Best way to handle large (UUID) as a MySQL table primary key

36,901

Solution 1

For most cases it is best to store UUIDs/GUIDs as BINARY(16). See these related StackOverflow questions:

The conversion can (and probably should) be done in MySQL instead of PHP so whether you're using a 32bit PHP client or 64bits doesn't matter a bit (pun intended :P)

Solution 2

Use a string type, not an integer. Better is only better if it solves a problem.

If you're really concerned about lookup speed, use a synthetic (auto increment) primary key. You can place a unique constraint on the UUID column, and use it only once to look up the synthetic key which is subsequently used for your joins etc.

Share:
36,901
Aaron Murray
Author by

Aaron Murray

Computer technician by day, closet php developer by night.

Updated on March 03, 2020

Comments

  • Aaron Murray
    Aaron Murray about 4 years

    I have a UUID string that I want to use as my MySQL tables primary key, the UUID is a 32 character hexadecimal string (after '-' characters are stripped). Due to the fact that it is better to use a numeric column (int) as your primary key in a database, I would like to convert this to an integer but not sure of the best way to handle it.
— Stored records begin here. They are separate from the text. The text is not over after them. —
-- ===== src/Assignments.antt =====
-- The life of an assignment (src/assignments): the transition table, and the handlers of
-- AssignmentsService by phase.
pub mod Transitions
pub mod Advance
pub mod Update
pub mod Commits
pub mod Reads
pub mod Follow
pub mod Handlers
pub mod Offers
pub mod OnSite
pub mod EarlyRelease
pub mod Replacement
pub mod Completion
pub mod NoShow
pub mod Requests
pub mod Safety
pub mod Slots
pub mod Handoff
    1. Due to the size of the string (ie. uuid='a822ff2bff02461db45ddcd10a2de0c2'), do I need to break this into multiple 'substrings'.
    2. I am running PHP on a 32 bit architecture at the moment so converting it within PHP will not work due to PHP_INT_MAX size (max 0xFFFFFFFF). And I suspect that would be the same restriction for MySQL.
    3. I do not like the idea of multiple primary keys as a fix for this, I would rather use a string representation even though that's not the preferred method.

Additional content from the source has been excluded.